Illustration of Algorithm 3

Let OPT denote both an optimal solution of the CPTSP and its total weight. We get the approximation ratio of Algorithm 3 as follows.

Theorem 1

Let T be the path output by Algorithm 3. Then \(w(T)\le \frac{8}{3}OPT\).

The algorithm consists of two subproblems: the PTSP with given start-vertex and end-vertex, and the PSCP. Denote by \(P_i\) the induced path of the OPT on \(V_i\) for each \(i\in [k]\). Let \(L=\sum _{i\in [k]}\sum _{e\in P_i\cap OPT} w(e)\) and \(L^{'}=OPT-L\). Recall that \(U=\sum _{i=1}^{k}w(s_i,t_i)\). By Lemma 3, we get \(w(\sum _{i=1}^{k}path_i)\le \min (2L-U, \frac{3}{2}L)\). Therefore, \( w(\sum _{i=1}^{k}path_i)\le \min (2\,L-U, \frac{3}{2}L) \le 2\,L-U.\)

Note that there exists a solution to the PSCP with weight \(L^{'}+U\). By Lemmas 4 and 5, the weight of the two solutions returned by Algorithm 1 and Algorithm 2 is at most \(3\,L^{'}+U\) and \(2\,L^{'}+4U\), respectively.
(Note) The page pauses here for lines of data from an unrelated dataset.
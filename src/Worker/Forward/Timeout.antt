-- ===== src/Worker/Forward/Timeout.antt =====
-- internal/worker/forward.go: the bounds of the timeout.
use hookwatch.Prelude.{arith, negsuc, pos, ℕ, ℤ, ◌*◌, ◌<◌, ◌≡◌, ◌≤ℤ◌}
use hookwatch.Store.Db.{second}
use hookwatch.Worker.Forward.{forward_timeout, wrap_int64}

pub wrap_int64-small : (n : ℕ) → n < 9_223_372_036_854_775_808 → wrap_int64 n ≡ pos n
unfolding wrap_int64
wrap_int64-small n h = ground (arith, h)

-- The timeout of a forward action is between one second and 30, whatever number of seconds its
-- configuration has, also 0 or less, as long as that many seconds are fewer nanoseconds than 2 ^ 63.
pub forward_timeout-bounds :
    (seconds : ℤ)
    → seconds ≤ℤ pos 9_223_372_036
    → (pos second ≤ℤ forward_timeout seconds) × (forward_timeout seconds ≤ℤ pos (30 * second))
unfolding forward_timeout
forward_timeout-bounds (negsuc n) h = (ground arith, ground arith)
forward_timeout-bounds (pos n) h =
    rw (wrap_int64-small (n * second) (omega (arith, h))) (ground arith, ground arith)
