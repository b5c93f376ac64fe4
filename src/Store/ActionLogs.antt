-- ===== src/Store/ActionLogs.antt =====
-- internal/store/action_logs.go
use hookwatch.Models.{ActionLog}
use hookwatch.Prelude.{
  Bool, List, Result, String, [], any, err, if◌then◌else◌, nat_eq, ok, pos, select, string_eq,
  update_where, ◌&&◌, ◌++◌, ◌==◌, ◌∷◌,
}
use hookwatch.Store.Db.{
  Db, StoreError, Write, action_exists, driver, foreign_key_violation, format_time, not_found,
  request_exists, unique_violation,
}
use hookwatch.Store.Order.{OrderBy}

-- A zero time is written as NULL and read back as the zero time.
unfoldable pub log_row : ActionLog → ActionLog
unfolding format_time
log_row log = record log {
  started_at = format_time log.started_at;
  completed_at = format_time log.completed_at;
}

unfoldable pub create_action_log : Bool → ActionLog → Write (Unit {0})
unfolding log_row
create_action_log fails log db =
    if fails
    then (err driver, db)
    else if any (λ l. l.uuid == log.uuid) db.action_logs
    then (err unique_violation, db)
    else if action_exists log.action_id db && request_exists log.request_id db
    then (ok tt, record db { action_logs = db.action_logs ++ log_row log ∷ [] })
    else (err foreign_key_violation, db)

unfoldable pub updated_log : ActionLog → ActionLog → ActionLog
unfolding format_time
updated_log log row = record row {
  status = log.status;
  result = log.result;
  started_at = format_time log.started_at;
  completed_at = format_time log.completed_at;
}

unfoldable pub update_action_log : Bool → ActionLog → Write (Unit {0})
unfolding updated_log
update_action_log fails log db =
    if fails
    then (err driver, db)
    else if any (λ l. l.uuid == log.uuid) db.action_logs
    then (
      ok tt,
      record db {
        action_logs = update_where (λ row. row.uuid == log.uuid) (updated_log log) db.action_logs;
      },
    )
    else (err not_found, db)

unfoldable pub list_action_logs_by_request :
    OrderBy ActionLog → Bool → String → Db → Result StoreError (List ActionLog)
list_action_logs_by_request order fails request_id db =
    if fails
    then err driver
    else ok (
        order.sort (λ l. pos l.started_at)
          (select (λ l. l.request_id == request_id) db.action_logs))
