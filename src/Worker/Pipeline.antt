-- ===== src/Worker/Pipeline.antt =====
-- internal/worker/worker.go: ExecuteActions. The clocks, the network and the failures of each action
-- are in its `Moment`.
use hookwatch.Models.{Action, ActionLog, Request}
use hookwatch.Prelude.{
  Bool, List, Option, Result, String, [], err, false, if◌then◌else◌, nat_eq, none, ok, or_else,
  some, string_eq, suc, ℕ, ◌++◌, ◌==◌, ◌∷◌,
}
use hookwatch.Store.ActionLogs.{update_action_log}
use hookwatch.Store.Db.{Db}
use hookwatch.Worker.Codec.{Codec, Moment, word}
use hookwatch.Worker.Executors.{
  Execution, Outcome, PipelineContext, execute_delay, execute_filter, execute_transform,
}
use hookwatch.Worker.Forward.{execute_forward}

-- executorFor and Execute: `none` for a type that has no executor.
unfoldable pub execute :
    Codec → Moment → Request → PipelineContext → String → String → Option Execution
unfolding execute_forward execute_filter execute_delay execute_transform
execute codec now req pctx type config =
    if type == "forward"
    then some (execute_forward codec now pctx (codec.parse_forward config))
    else if type == "filter"
    then some (execute_filter codec req pctx (codec.parse_filter config))
    else if type == "delay"
    then some (execute_delay now pctx (codec.parse_delay config))
    else if type == "transform"
    then some (execute_transform pctx (codec.parse_transform config))
    else none

-- The tables, and the logs that were published so far, in order.
pub record Progress : Type 0 where
  pub db : Db
  pub published : List ActionLog

-- UpdateActionLog, whose error is dropped, and publishActionCompleted.
unfoldable pub finish_log : Bool → ActionLog → Progress → Progress
finish_log fails log p = record {
  db = (update_action_log fails log p.db).1;
  published = p.published ++ log ∷ [];
}

unfoldable pub start_log : Moment → ActionLog → ActionLog
start_log now log = record log { status = "running"; started_at = now.started }

unfoldable pub unknown_type : Moment → ActionLog → ActionLog
unknown_type now log = record log {
  status = "failed";
  result = "{\"error\": \"unknown action type\"}";
  completed_at = now.finished;
}

unfoldable pub executed_log : Codec → Moment → Result String Outcome → ActionLog → ActionLog
executed_log codec now (err e) log = record log {
  status = "failed";
  result = or_else (codec.encode_data (("error", word e) ∷ [])) log.result;
  completed_at = now.finished;
}
executed_log codec now (ok outcome) log = record log {
  status = outcome.status;
  result = or_else (codec.encode_data outcome.result_data) log.result;
  completed_at = now.finished;
}

unfoldable pub stops : Result String Outcome → Bool
stops (err e) = false
stops (ok outcome) = outcome.stop_pipeline

unfoldable pub skipped_log : Moment → ActionLog → ActionLog
skipped_log now log = record log { status = "skipped"; completed_at = now.finished }

-- The remaining logs, once a filter has stopped the pipeline; `fails` counts from the first of them.
unfoldable pub skip_rest : Moment → (ℕ → Bool) → List (Action × ActionLog) → Progress → Progress
unfolding finish_log skipped_log
skip_rest now fails [] p = p
skip_rest now fails ((action, log) ∷ rest) p =
    skip_rest now (λ n. fails (suc n)) rest (finish_log (fails 0) (skipped_log now log) p)

unfoldable pub mark_running : Moment → ActionLog → Progress → Progress
unfolding start_log
mark_running now log p = record p {
  db = (update_action_log now.running_fails (start_log now log) p.db).1;
}

-- The log of an action as it is after the action.
unfoldable pub completed_log : Codec → Moment → Option Execution → ActionLog → ActionLog
unfolding unknown_type executed_log start_log
completed_log codec now none log = unknown_type now (start_log now log)
completed_log codec now (some (result, pctx)) log =
    executed_log codec now result (start_log now log)

unfoldable pub context_after : PipelineContext → Option Execution → PipelineContext
context_after pctx none = pctx
context_after pctx (some (result, pctx')) = pctx'

unfoldable pub stopped : Option Execution → Bool
unfolding stops
stopped none = false
stopped (some (result, pctx)) = stops result

-- The loop over the enabled actions with their logs; `moments` counts from the action at hand.
unfoldable pub run_actions :
    Codec
    → (ℕ → Moment)
    → Request
    → PipelineContext
    → List (Action × ActionLog)
    → Progress
    → Progress
unfolding execute finish_log mark_running completed_log context_after stopped skip_rest
run_actions codec moments req pctx [] p = p
run_actions codec moments req pctx ((action, log) ∷ rest) p =
    let now = moments 0 in
    let done = execute codec now req pctx action.type action.config in
    let p' =
      finish_log now.done_fails (completed_log codec now done log) (mark_running now log p) in
    let next = run_actions codec (λ n. moments (suc n)) req (context_after pctx done) rest p' in
    if stopped done then skip_rest now now.skip_fails rest p' else next
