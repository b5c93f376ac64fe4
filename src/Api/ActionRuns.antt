-- ===== src/Api/ActionRuns.antt =====
-- internal/api/actions.go with internal/worker: an action that was validated runs.
use hookwatch.Api.ActionConfig.{
  ActionLibs, check_delay, check_filter, check_forward, check_transform, is_action_type,
  validate_action_config, validate_action_type,
}
use hookwatch.Models.{DelayConfig, FilterConfig, ForwardConfig, Request, TransformConfig}
use hookwatch.Prelude.{
  Bool-cases, Option-cases, Result, String, arith, eq_iff, err, inl, inr, is_ok, is_some, nat_eq,
  ok, pos, refl, some, string_eq, true, ◌*◌, ◌==◌, ◌≡◌, ◌≤ℤ◌, ◌⊎◌,
}
use hookwatch.Store.Db.{second}
use hookwatch.Worker.Codec.{Codec, Moment}
use hookwatch.Worker.Executors.{
  Execution, PipelineContext, execute_delay, execute_filter, execute_transform,
}
use hookwatch.Worker.Forward.{execute_forward, forward_timeout, outgoing, sent}
use hookwatch.Worker.Forward.Timeout.{forward_timeout-bounds}
use hookwatch.Worker.Pipeline.{execute}

-- What the worker makes of a valid action: it succeeds, or a delay is cut off by the deadline, or it
-- is a forward, which fails only with its request, and waits between 1 and 30 seconds for it.
abbrev pub RunsWell : Codec → Moment → PipelineContext → String → String → Execution → Type 0
RunsWell codec now pctx type config e =
    (is_ok e.0 ≡ true)
    ⊎ ((type ≡ "delay") × (is_some now.cancelled ≡ true))
    ⊎ ((type ≡ "forward")
        × (cfg : ForwardConfig) × (codec.parse_forward config ≡ ok cfg)
        × (pos second ≤ℤ forward_timeout cfg.timeout)
        × (forward_timeout cfg.timeout ≤ℤ pos (30 * second))
        × (e.0 ≡ sent now (outgoing codec pctx cfg) (now.new_request (outgoing codec pctx cfg))))

-- The configuration of an action is valid for its type.
abbrev pub IsRunnable : ActionLibs → String → String → Type 0
IsRunnable lib type config =
    (validate_action_type type ≡ ok tt) × (validate_action_config lib type config ≡ ok tt)

check_forward_sound :
    (lib : ActionLibs) (now : Moment) (pctx : PipelineContext) (r : Result String ForwardConfig)
    → is_ok (check_forward lib r) ≡ true
    → (cfg : ForwardConfig) × (r ≡ ok cfg)
      × (pos second ≤ℤ forward_timeout cfg.timeout)
      × (forward_timeout cfg.timeout ≤ℤ pos (30 * second))
      × ((execute_forward lib.codec now pctx r).0
          ≡ sent now (outgoing lib.codec pctx cfg) (now.new_request (outgoing lib.codec pctx cfg)))
unfolding check_forward execute_forward
check_forward_sound lib now pctx (err e) h = ground (arith, h)
check_forward_sound lib now pctx (ok cfg) h =
    let small : cfg.timeout ≤ℤ pos 9_223_372_036 = ground (arith, h) in
    let bounds : (pos second ≤ℤ forward_timeout cfg.timeout)
        × (forward_timeout cfg.timeout ≤ℤ pos (30 * second)) =
      forward_timeout-bounds cfg.timeout small in
    (cfg, refl, bounds.0, bounds.1, refl)

check_filter_sound :
    (lib : ActionLibs) (req : Request) (pctx : PipelineContext) (r : Result String FilterConfig)
    → is_ok (check_filter lib r) ≡ true
    → is_ok (execute_filter lib.codec req pctx r).0 ≡ true
unfolding check_filter execute_filter
check_filter_sound lib req pctx (err e) h = ground (arith, h)
check_filter_sound lib req pctx (ok cfg) h = refl

check_delay_sound :
    (now : Moment) (pctx : PipelineContext) (r : Result String DelayConfig)
    → is_ok (check_delay r) ≡ true
    → (is_ok (execute_delay now pctx r).0 ≡ true) ⊎ (is_some now.cancelled ≡ true)
unfolding check_delay execute_delay
check_delay_sound now pctx (err e) h = ground (arith, h)
check_delay_sound now pctx (ok cfg) h = elim (Option-cases now.cancelled) [
  | inl e ↦ inl (rw e refl)
  | inr (c, e) ↦ inr (rw e refl)
]

check_transform_sound :
    (pctx : PipelineContext) (r : Result String TransformConfig)
    → is_ok (check_transform r) ≡ true
    → is_ok (execute_transform pctx r).0 ≡ true
unfolding check_transform execute_transform
check_transform_sound pctx (err e) h = ground (arith, h)
check_transform_sound pctx (ok cfg) h = refl

is_ok-eq : (r : Result String (Unit {0})) → r ≡ ok tt → is_ok r ≡ true
is_ok-eq r e = rw e refl

validate_action_type-known :
    (type : String) → validate_action_type type ≡ ok tt → is_action_type type ≡ true
unfolding validate_action_type
validate_action_type-known type h = elim (Bool-cases (is_action_type type)) [
  | inl e ↦ e
  | inr e ↦ ground (arith, rw e at h)
]

-- An action that passes the validation of the handlers has an executor, at any moment, on any request
-- and in any context. It succeeds, or it is a delay that the deadline cuts off, or it is a forward,
-- which ends just as its request does, and the timeout of the request is from 1 to 30 seconds.
pub validate_action_config-execute :
    (lib : ActionLibs) (type config : String) (now : Moment) (req : Request)
    (pctx : PipelineContext)
    → IsRunnable lib type config
    → (e : Execution) × (execute lib.codec now req pctx type config ≡ some e)
      × RunsWell lib.codec now pctx type config e
unfolding validate_action_config execute
validate_action_config-execute lib type config now req pctx (known, valid) =
    elim (Bool-cases (config == "")) [
      | inl b ↦ ground (arith, rw b at valid)
      | inr b ↦ elim (Bool-cases (type == "forward")) [
        | inl f ↦
            let s =
              check_forward_sound lib now pctx (lib.codec.parse_forward config)
                (is_ok-eq _ (rw (b, f) at valid)) in
            (
              execute_forward lib.codec now pctx (lib.codec.parse_forward config),
              rw f refl,
              inr (inr ((eq_iff type "forward").0 f, s.0, s.1, s.2, s.3, s.4)),
            )
        | inr f ↦ elim (Bool-cases (type == "filter")) [
          | inl g ↦ (
            execute_filter lib.codec req pctx (lib.codec.parse_filter config),
            rw (f, g) refl,
            inl (check_filter_sound lib req pctx _ (is_ok-eq _ (rw (b, f, g) at valid))),
          )
          | inr g ↦ elim (Bool-cases (type == "delay")) [
            | inl d ↦ (
              execute_delay now pctx (lib.codec.parse_delay config),
              rw (f, g, d) refl,
              elim (check_delay_sound now pctx _ (is_ok-eq _ (rw (b, f, g, d) at valid))) [
                | inl o ↦ inl o
                | inr c ↦ inr (inl ((eq_iff type "delay").0 d, c))
              ],
            )
            | inr d ↦ elim (Bool-cases (type == "transform")) [
              | inl t ↦ (
                execute_transform pctx (lib.codec.parse_transform config),
                rw (f, g, d, t) refl,
                inl (check_transform_sound pctx _ (is_ok-eq _ (rw (b, f, g, d, t) at valid))),
              )
              | inr t ↦ ground (arith, f, g, d, t, validate_action_type-known type known)
            ]
          ]
        ]
      ]
    ]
Therefore, using the fact that for a set of quantities, the minimum is less than or equal to any convex combination of them, we get

$$\begin{aligned} w(P_\text {PSCP})\le & {} \min (3L^{'}+U, 2L^{'}+4U)\\\le & {} \frac{2}{3}(3L^{'}+U)+\frac{1}{3}(2L^{'}+4U)\\= & {} \frac{8}{3}L^{'}+2U. \end{aligned}$$

At Step 4 of Algorithm 3, by replacing the arc \((s_i,t_i)\) by \(path_i\) for each \(i\in [k]\), we obtain

$$\begin{aligned} w(T)= & {} w(\sum _{i=1}^{k}path_i)-U+w(P_\text {PSCP})\\\le & {} (2L-U)-U+(\frac{8}{3}L^{'}+2U)\\= & {} 2L+\frac{8}{3}L^{'}\\\le & {} \frac{8}{3}(L+L^{'})=\frac{8}{3}OPT. \end{aligned}$$

5 Discussion

In this paper, we only consider the case that the start-vertex and the end-vertex are both given in each cluster. Other cases including two endpoints in each cluster are given but we are free to choose the start-vertex, only the start-vertex is given in each cluster, and neither of the endpoints is given in each cluster, are also interesting problems to consider.